American songbook.” The Second Rhapsody was reconstructed for piano with big band recently; most audiences only know the version with orchestra. The big band, though, is the ensemble that stands for America as much as Gershwin’s name, and the decision to use one was deliberate, says Asadour Santourian, AMFS vice president of artistic administration and artistic advisor. The program will close with a piece unrivaled in both longevity and audience favor: Rhapsody in Blue.

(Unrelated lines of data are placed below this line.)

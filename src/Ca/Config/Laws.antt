-- ===== src/Ca/Config/Laws.antt =====
-- What apply and remove make of the controller's config type.
use ziti_ssh.Prelude.{
  ◌≡◌, ◌≢◌, ◌↔◌, refl, Bool, true, false, not, ◌&&◌, List, [], ◌∷◌, Option, none, some, Result, ok,
  arith, inl, inr, Result-cases,
}
use ziti_ssh.Text.{Text, is_empty}
use ziti_ssh.Ca.Config.{
  ConfigError, ControllerFlags, Controller, validate_controller_flags, config_type_name,
  build_mgmt_client, apply_listed, run_config_apply, remove_listed, run_config_remove,
}

-- The flags are accepted exactly if the address, the user and the password are set, and the
-- certificate check is not both off and given an authority.
pub validate_controller_flags_iff :
    (f : ControllerFlags)
    → (validate_controller_flags f ≡ ok tt) ↔ (
        (f.controller ≢ [])
        × (f.username ≢ [])
        × (f.password ≢ [])
        × (f.insecure && not (is_empty f.ca_path) ≡ false))
unfolding validate_controller_flags
validate_controller_flags_iff f =
    ((λ h. ground (arith, h)), (λ h. ground (arith, h.0, h.1, h.2, h.3)))

module _ (C : Controller) (url_host : Text → Option Text) (split_ok : Text → Bool) where
  open C use {World, Schema}

  -- What the code relies on: `installed` is the schema of the config type of its name. A list finds
  -- the type if there is one, and changes nothing; a call that succeeds does what it says.
  pub record IsController (installed : World → Option Schema) : Type 0 where
    pub list_none :
        (w : World)
        → (C.list_config_types config_type_name w).0 ≡ some []
        → installed (C.list_config_types config_type_name w).1 ≡ none
    pub created :
        (s : Schema) (w : World)
        → (C.create_config_type config_type_name s w).0 ≡ true
        → installed (C.create_config_type config_type_name s w).1 ≡ some s
    pub updated :
        (id : Text) (ids : List Text) (s : Schema) (w : World)
        → (C.list_config_types config_type_name w).0 ≡ some (id ∷ ids)
        → let w' = (C.list_config_types config_type_name w).1 in
          (C.update_config_type id config_type_name s w').0 ≡ true
          → installed (C.update_config_type id config_type_name s w').1 ≡ some s
    pub deleted :
        (id : Text) (ids : List Text) (w : World)
        → (C.list_config_types config_type_name w).0 ≡ some (id ∷ ids)
        → let w' = (C.list_config_types config_type_name w).1 in
          (C.delete_config_type id w').0 ≡ true → installed (C.delete_config_type id w').1 ≡ none

  module _ (installed : World → Option Schema) (law : IsController installed) where
    applied :
        (s : Schema) (w : World) (found : Option (List Text))
        → (C.list_config_types config_type_name w).0 ≡ found
        → (apply_listed C url_host split_ok s (found, (C.list_config_types config_type_name w).1)).0
          ≡ ok tt
        → installed
            (apply_listed C url_host split_ok s
              (found, (C.list_config_types config_type_name w).1)).1
          ≡ some s
    unfolding apply_listed
    applied s w none e h = cc
    applied s w (some []) e h =
        ground (arith, h, law.created s (C.list_config_types config_type_name w).1)
    applied s w (some (id ∷ ids)) e h = ground (arith, h, law.updated id ids s w e)

    removed :
        (w : World) (found : Option (List Text))
        → (C.list_config_types config_type_name w).0 ≡ found
        → (remove_listed C url_host split_ok (found, (C.list_config_types config_type_name w).1)).0
          ≡ ok tt
        → installed
            (remove_listed C url_host split_ok
              (found, (C.list_config_types config_type_name w).1)).1
          ≡ none
    unfolding remove_listed
    removed w none e h = cc
    removed w (some []) e h = law.list_none w e
    removed w (some (id ∷ ids)) e h = ground (arith, h, law.deleted id ids w e)

    abbrev login : ControllerFlags → World → Result ConfigError (Unit {0}) × World
    login = build_mgmt_client C url_host split_ok

    -- After an apply without an error the controller has the config type with the program's schema,
    -- whether it had one before or not; after a remove without an error it has none. The
    -- controller's calls do what they say where they succeed, and a list that finds nothing is right.
    pub run_config_done :
        (f : ControllerFlags) (s : Schema) (w : World)
        → ((run_config_apply C url_host split_ok (some s) f w).0 ≡ ok tt
            → installed (run_config_apply C url_host split_ok (some s) f w).1 ≡ some s)
          × ((run_config_remove C url_host split_ok f w).0 ≡ ok tt
              → installed (run_config_remove C url_host split_ok f w).1 ≡ none)
    unfolding run_config_apply run_config_remove
    run_config_done f s w =
        let w' = (login f w).1 in
        let list = C.list_config_types config_type_name w' in
        elim (Result-cases (login f w).0) [
          | inl (e, failed) ↦
              ((λ h. absurd (ground (arith, h, failed))), (λ h. absurd (ground (arith, h, failed))))
          | inr (u, ready) ↦ (
            (λ h. ground (arith, h, ready, applied s w' list.0 refl)),
            (λ h. ground (arith, h, ready, removed w' list.0 refl)),
          )
        ]
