-- ===== src/Text/Trim.antt =====
-- strings.TrimSpace, and the lines of bufio.Scanner.
use ziti_ssh.Prelude.{
  ℕ, ◌≡◌, refl, ap, Bool, false, ◌&&◌, ◌||◌, [], ◌∷◌, ◌++◌, arith, ◌==◌, leb, if◌then◌else◌, All,
  ◌∙◌, ◌<◌,
}
use ziti_ssh.Text.Defs.{Text, is_empty}

-- unicode.IsSpace
unfoldable pub is_space : ℕ → Bool
is_space c =
    leb 9 c && leb c 13
    || c == 32
    || c == 0x85
    || c == 0xA0
    || c == 0x1680
    || leb 0x2000 c && leb c 0x200a
    || c == 0x2028
    || c == 0x2029
    || c == 0x202f
    || c == 0x205f
    || c == 0x3000

unfoldable pub trim_left : Text → Text
trim_left [] = []
trim_left (c ∷ s) = let rest = trim_left s in if is_space c then rest else c ∷ s

unfoldable pub trim_right : Text → Text
trim_right [] = []
trim_right (c ∷ s) = let rest = trim_right s in if is_empty rest && is_space c then [] else c ∷ rest

-- strings.TrimSpace
unfoldable pub trim_space : Text → Text
unfolding trim_left trim_right is_space
trim_space s = trim_right (trim_left s)

-- A text of visible ASCII runes.
abbrev pub IsVisible : Text → Type 0
IsVisible s = All (λ c. (32 < c) × (c < 127)) s

is_space_visible : (c : ℕ) → 32 < c → c < 127 → is_space c ≡ false
unfolding is_space
is_space_visible c h k = ground arith

trim_left_visible : (s : Text) → IsVisible s → trim_left s ≡ s
unfolding trim_left
trim_left_visible [] h = refl
trim_left_visible (c ∷ s) h = ground (arith, is_space_visible c h.0.0 h.0.1)

trim_right_visible : (s : Text) → IsVisible s → trim_right s ≡ s
unfolding trim_right
trim_right_visible [] h = refl
trim_right_visible (c ∷ s) h =
    ground (arith, is_space_visible c h.0.0 h.0.1, trim_right_visible s h.1)

-- Trimming leaves a text of visible runes alone.
pub trim_space_visible : (s : Text) → IsVisible s → trim_space s ≡ s
unfolding trim_space
trim_space_visible s h = ap trim_right (trim_left_visible s h) ∙ trim_right_visible s h

trim_right-newline : (s : Text) → trim_right (s ++ b'\n' ∷ []) ≡ trim_right s
unfolding trim_right is_space
trim_right-newline [] = ground arith
trim_right-newline (c ∷ s) = ground (arith, trim_right-newline s)

-- A line end at the end is trimmed away.
pub trim_space-newline : (s : Text) → trim_space (s ++ b'\n' ∷ []) ≡ trim_space s
unfolding trim_space trim_left
trim_space-newline [] = unfold is_space trim_right in ground arith
trim_space-newline (c ∷ s) = ground (arith, trim_space-newline s, trim_right-newline (c ∷ s))
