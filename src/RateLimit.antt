-- ===== src/RateLimit.antt =====
-- internal/ratelimit/ratelimit.go: a table of one token bucket per identity.
-- golang.org/x/time/rate is a parameter: a state of a limiter, the new limiter of the table's
-- rate and burst, and what `Allow` does at a time. Times are nanoseconds. A method runs under the
-- table's mutex, so that it is one step.
pub mod Isolation
pub mod Bounds
use ziti_ssh.Prelude.{
  ℕ, zero, suc, ◌+◌, ◌-◌, ◌≤◌, ◌≡◌, refl, Bool, true, false, not, ◌&&◌, ◌||◌, List, [], ◌∷◌, ◌++◌,
  ◌==◌, leb, ltb, if◌then◌else◌, Option, none, some,
}
use ziti_ssh.Text.{Text}
use ziti_ssh.Dict.{Dict, lookup, insert, retain}

-- rate.Limiter, with the rate and the burst fixed
pub record Bucket : Type 1 where
  pub Limiter : Type 0
  pub fresh : Limiter
  pub take_token : ℕ → Limiter → Limiter × Bool

pub record Entry (L : Type 0) : Type 0 where
  pub limiter : L
  pub last_seen : ℕ

pub record RateMap (L : Type 0) : Type 0 where
  pub entries : Dict (Entry L)
  pub idle_ttl : ℕ

unfoldable pub new : {L : Type 0} → ℕ → RateMap L
new idle_ttl = record { entries = []; idle_ttl = idle_ttl }

-- the entry's limiter, or a new one for a first-time caller
abbrev pub limiter_or : {L : Type 0} → L → Option (Entry L) → L
limiter_or fresh none = fresh
limiter_or fresh (some e) = e.limiter

module _ (b : Bucket) where
  open b use {Limiter, fresh, take_token}

  -- Map.Allow, at the time that time.Now returned; the limiter reads the clock once more, right after
  -- and under the same lock, and gets the same time here
  unfoldable pub allow : Text → ℕ → RateMap Limiter → RateMap Limiter × Bool
  allow identity now m =
      let (l, allowed) = take_token now (limiter_or fresh (lookup identity m.entries)) in
      (
        record m { entries = insert identity (record { limiter = l; last_seen = now }) m.entries },
        allowed,
      )

  -- Map.evict: what was last seen before the cutoff goes
  pub evict : ℕ → RateMap Limiter → RateMap Limiter
  evict now m = record m {
    entries = retain (λ e. not (ltb (e.last_seen + m.idle_ttl) now)) m.entries;
  }
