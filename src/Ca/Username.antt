-- ===== src/Ca/Username.antt =====
-- DeriveUsername of ca/ca.go: from a Ziti identity name to a Linux user name.
pub mod Laws
use ziti_ssh.Prelude.{
  ℕ, zero, suc, ◌+◌, ◌≤◌, ◌≡◌, refl, Bool, true, false, ◌&&◌, ◌||◌, List, [], ◌∷◌, ◌++◌, ◌==◌, leb,
  if◌then◌else◌, take, map,
}
use ziti_ssh.Text.{Text}

unfoldable pub is_digit : ℕ → Bool
is_digit r = leb b'0' r && leb r b'9'

-- [a-z0-9_-]
unfoldable pub is_name_rune : ℕ → Bool
unfolding is_digit
is_name_rune r = leb b'a' r && leb r b'z' || is_digit r || r == b'_' || r == b'-'

-- step 2: the loop that writes to the builder
pub replace_runes : Text → Text
replace_runes [] = []
replace_runes (r ∷ s) = (if is_name_rune r then r else b'_') ∷ replace_runes s

-- step 3
pub prefix_digit : Text → Text
prefix_digit [] = []
prefix_digit (r ∷ s) = if is_digit r then b'z' ∷ r ∷ s else r ∷ s

abbrev pub max_username : ℕ
max_username = 32

-- `to_lower` is unicode.ToLower.
unfoldable pub derive_username : (ℕ → ℕ) → Text → Text
unfolding replace_runes prefix_digit
derive_username to_lower identity =
    take max_username (prefix_digit (replace_runes (map to_lower identity)))
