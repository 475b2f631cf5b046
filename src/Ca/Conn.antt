-- ===== src/Ca/Conn.antt =====
-- handleConn and callerIdentity of cmd/ziti-ssh-ca/main.go: one request on one connection.
pub mod Laws
use ziti_ssh.Prelude.{
  ltb, leb, ◌-◌, ℕ, zero, suc, ◌+◌, ◌-◌, ◌≤◌, ◌≡◌, refl, Bool, true, false, not, ◌&&◌, ◌||◌, List,
  [], ◌∷◌, ◌++◌, ◌==◌, leb, ltb, if◌then◌else◌, Option, none, some, Result, ok, err, take,
}
use ziti_ssh.Text.{Text, is_empty, codes, text_eq, index_byte}
use ziti_ssh.Text.Trim.{trim_space}
use ziti_ssh.RateLimit.{Bucket, RateMap, allow}
use ziti_ssh.Ca.Username.{derive_username}
use ziti_ssh.Ca.Cert.{Ssh, sign_cert}

-- What a net.Conn tells of its caller: an edge.Conn has both names, a test double may have one.
pub data Caller : Type 0 where
  edge_conn : (source dialer : Text) → Caller
  source_only : (source : Text) → Caller
  plain : Caller

unfoldable pub caller_identity : Caller → Text
caller_identity (edge_conn source dialer) = if is_empty source then dialer else source
caller_identity (source_only source) = source
caller_identity plain = []

abbrev pub max_request : ℕ
max_request = 4096

-- the length of a rune in UTF-8
abbrev rune_bytes : ℕ → ℕ
rune_bytes c = if ltb c 0x80 then 1 else if ltb c 0x800 then 2 else if ltb c 0x10000 then 3 else 4

-- The whole runes in that many bytes; a rune that the limit cuts has no line end in it.
abbrev pub take_bytes : ℕ → Text → Text
take_bytes n [] = []
take_bytes n (c ∷ s) =
    let rest = take_bytes (n - rune_bytes c) s in if leb (rune_bytes c) n then c ∷ rest else []

-- ReadString('\n') on the first `max_request` bytes of the input; `none` is its error
unfoldable pub read_line : Text → Option Text
read_line input =
    let head = take_bytes max_request input in
    elim (index_byte head b'\n') [ none ↦ none | some i ↦ some (take (suc i) head) ]

-- How a connection ends; each is a log line of the source.
pub data Ending : Type 0 where
  no_identity no_username no_deadline bad_read served_key limited bad_key not_signed : Ending
  write_failed issued : Ending

-- What the environment decides: the caller, whether SetDeadline and Write work, what the client
-- sends, and the times of the limiter's and the signer's clock.
pub record Request : Type 0 where
  pub caller : Caller
  pub deadline_ok : Bool
  pub write_ok : Bool
  pub input : Text
  pub limiter_now : ℕ
  pub signer_now : ℕ

-- What is written to the connection, and the limiter's table afterwards.
pub record Served (L : Type 0) : Type 0 where
  pub ending : Ending
  pub written : List Text
  pub limiter : RateMap L

abbrev pub rate_message : Text
rate_message = codes "error: rate limit exceeded\n"

module _ (s : Ssh) (b : Bucket) (to_lower : ℕ → ℕ) where
  open s use {PublicKey, Signer, parse_key}
  open b use {Limiter}

  -- the arguments of handleConn that stay the same for a server
  pub record Server : Type 0 where
    pub signer : Signer
    pub ca_pub_bytes : Text
    pub principal : Text
    pub mode : Text
    pub cert_ttl : ℕ

  unfoldable pub effective_principal : Server → Text → Text
  effective_principal v identity =
      if text_eq v.mode (codes "per-identity")
      then derive_username to_lower identity
      else v.principal

  end : Ending → RateMap Limiter → Served Limiter
  end e m = record { ending = e; written = []; limiter = m }

  -- conn.Write, which may fail
  reply : Ending → Text → Request → RateMap Limiter → Served Limiter
  reply e t r m =
      if r.write_ok
      then record { ending = e; written = t ∷ []; limiter = m }
      else record { ending = write_failed; written = []; limiter = m }

  -- from ssh.ParseAuthorizedKey on
  issue : Server → Request → Text → Text → RateMap Limiter → Served Limiter
  unfolding end reply
  issue v r identity line m = elim (parse_key line) [
    | none ↦ end bad_key m
    | some key ↦
        elim (sign_cert s v.signer key identity (effective_principal v identity) v.cert_ttl
          r.signer_now) [ err e ↦ end not_signed m | ok cert ↦ reply issued cert r m ]
  ]

  -- from the rate limit on
  limit : Server → Request → Text → Text → RateMap Limiter → Served Limiter
  unfolding issue reply
  limit v r identity line m =
      let (m', allowed) = allow b identity r.limiter_now m in
      if allowed then issue v r identity line m' else reply limited rate_message r m'

  -- from SetDeadline on
  read_request : Server → Request → Text → RateMap Limiter → Served Limiter
  unfolding limit end reply
  read_request v r identity m =
      if not r.deadline_ok then end no_deadline m else elim (read_line r.input) [
        | none ↦ end bad_read m
        | some line ↦
            if is_empty (trim_space line)
            then reply served_key v.ca_pub_bytes r m
            else limit v r identity (trim_space line) m
      ]

  unfoldable pub handle_conn : Server → Request → RateMap Limiter → Served Limiter
  unfolding read_request end
  handle_conn v r m =
      let identity = caller_identity r.caller in
      if is_empty identity
      then end no_identity m
      else if text_eq v.mode (codes "per-identity") && is_empty (effective_principal v identity)
      then end no_username m
      else read_request v r identity m
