-- ===== src/Ca/Username/Laws.antt =====
-- What DeriveUsername returns.
use ziti_ssh.Prelude.{
  ℕ, ◌≤◌, ◌<◌, ◌≡◌, refl, ap, ◌∙◌, Bool, true, false, [], ◌∷◌, take, map, All, All-take, length,
  length-take_le, take_all, arith,
}
use ziti_ssh.Text.{Text, is_empty}
use ziti_ssh.Text.Trim.{IsVisible}
use ziti_ssh.Ca.Username.{
  is_digit, is_name_rune, replace_runes, prefix_digit, max_username, derive_username,
}

abbrev starts_with_digit : Text → Bool
starts_with_digit [] = false
starts_with_digit (r ∷ s) = is_digit r

-- The user names that the four steps promise.
pub record IsUsername (s : Text) : Type 0 where
  pub runes : All (λ r. is_name_rune r ≡ true) s
  pub short : length s ≤ max_username
  pub no_digit : starts_with_digit s ≡ false

-- What is assumed of unicode.ToLower: it leaves lower-case letters, digits, `_` and `-` alone.
pub record KeepsNames (to_lower : ℕ → ℕ) : Type 0 where
  pub keeps : (r : ℕ) → is_name_rune r ≡ true → to_lower r ≡ r

replace_runes-All : (s : Text) → All (λ r. is_name_rune r ≡ true) (replace_runes s)
unfolding replace_runes
replace_runes-All [] = tt
replace_runes-All (r ∷ s) = (unfold is_name_rune in ground arith, replace_runes-All s)

prefix_digit-All :
    (s : Text)
    → All (λ r. is_name_rune r ≡ true) s
    → All (λ r. is_name_rune r ≡ true) (prefix_digit s)
unfolding prefix_digit is_name_rune
prefix_digit-All [] h = tt
prefix_digit-All (r ∷ s) h = ground arith

take-prefix_digit : (s : Text) → starts_with_digit (take max_username (prefix_digit s)) ≡ false
unfolding prefix_digit is_digit
take-prefix_digit [] = refl
take-prefix_digit (r ∷ s) = ground arith

-- The result has runes of [a-z0-9_-] only, at most 32 of them, and no digit at the front.
pub derive_username-IsUsername :
    (to_lower : ℕ → ℕ) (identity : Text) → IsUsername (derive_username to_lower identity)
unfolding derive_username
derive_username-IsUsername to_lower identity = record {
  runes =
      All-take _ max_username _ (prefix_digit-All _ (replace_runes-All (map to_lower identity)));
  short = length-take_le max_username _;
  no_digit = take-prefix_digit (replace_runes (map to_lower identity));
}

-- The result is empty exactly for the empty identity.
pub is_empty-derive_username :
    (to_lower : ℕ → ℕ) (identity : Text)
    → is_empty (derive_username to_lower identity) ≡ is_empty identity
unfolding derive_username
is_empty-derive_username to_lower [] = refl
is_empty-derive_username to_lower (r ∷ s) = ground arith

module _ (to_lower : ℕ → ℕ) (k : KeepsNames to_lower) where
  replace_runes_fixed :
      (s : Text) → All (λ r. is_name_rune r ≡ true) s → replace_runes (map to_lower s) ≡ s
  unfolding replace_runes
  replace_runes_fixed [] h = refl
  replace_runes_fixed (r ∷ s) h = ground (arith, k.keeps r, replace_runes_fixed s h.1)

  prefix_digit_fixed : (s : Text) → starts_with_digit s ≡ false → prefix_digit s ≡ s
  unfolding prefix_digit
  prefix_digit_fixed [] h = refl
  prefix_digit_fixed (r ∷ s) h = ground arith

  -- A user name of that form is its own user name.
  derive_username_fixed : (s : Text) → IsUsername s → derive_username to_lower s ≡ s
  unfolding derive_username
  derive_username_fixed s u =
      ap (λ t. take max_username (prefix_digit t)) (replace_runes_fixed s u.runes)
      ∙ ap (take max_username) (prefix_digit_fixed s u.no_digit)
      ∙ take_all max_username s u.short

  -- A derived user name derives itself, if ToLower leaves [a-z0-9_-] alone.
  pub derive_username_idem :
      (identity : Text)
      → derive_username to_lower (derive_username to_lower identity)
        ≡ derive_username to_lower identity
  derive_username_idem identity =
      derive_username_fixed _ (derive_username-IsUsername to_lower identity)

  -- An identity that starts with a dash derives a name that starts with a dash, if ToLower leaves
  -- [a-z0-9_-] alone.
  pub derive_username_leading_dash :
      (s : Text) → (t : Text) × (derive_username to_lower (b'-' ∷ s) ≡ b'-' ∷ t)
  unfolding derive_username is_name_rune
  derive_username_leading_dash s =
      (take 31 (replace_runes (map to_lower s)), rw (k.keeps b'-' refl))

name_rune_visible : (r : ℕ) → is_name_rune r ≡ true → (32 < r) × (r < 127)
unfolding is_name_rune
name_rune_visible r h = ground arith

IsUsername-IsVisible : (s : Text) → All (λ r. is_name_rune r ≡ true) s → IsVisible s
IsUsername-IsVisible [] h = tt
IsUsername-IsVisible (r ∷ s) h = (name_rune_visible r h.0, IsUsername-IsVisible s h.1)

Pianist Marc-André Hamelin, who played the piece with Robert Spano and the Seattle Symphony in 2010, says it is remarkable the piece has had such staying power, because it follows no known classical form. “Yet, the flow of ideas in there is so natural, and the ideas themselves are so strong,” Hamelin said. “To me, the music seems kind of inevitable, like it always existed, which is one of the greatest compliments I can give to any music.”

photo by Ruiming Wang

Conrad Tao, 18, attended the AMFS as a student for five years. While here, Tao received a Lillian and Gordon Hardy Endowed fellowship and a Mrs. J. M. Studebaker Memorial Piano Scholarship. Tao will perform Gershwin’s Second Rhapsody at the Thursday concert in the Benedict Music Tent.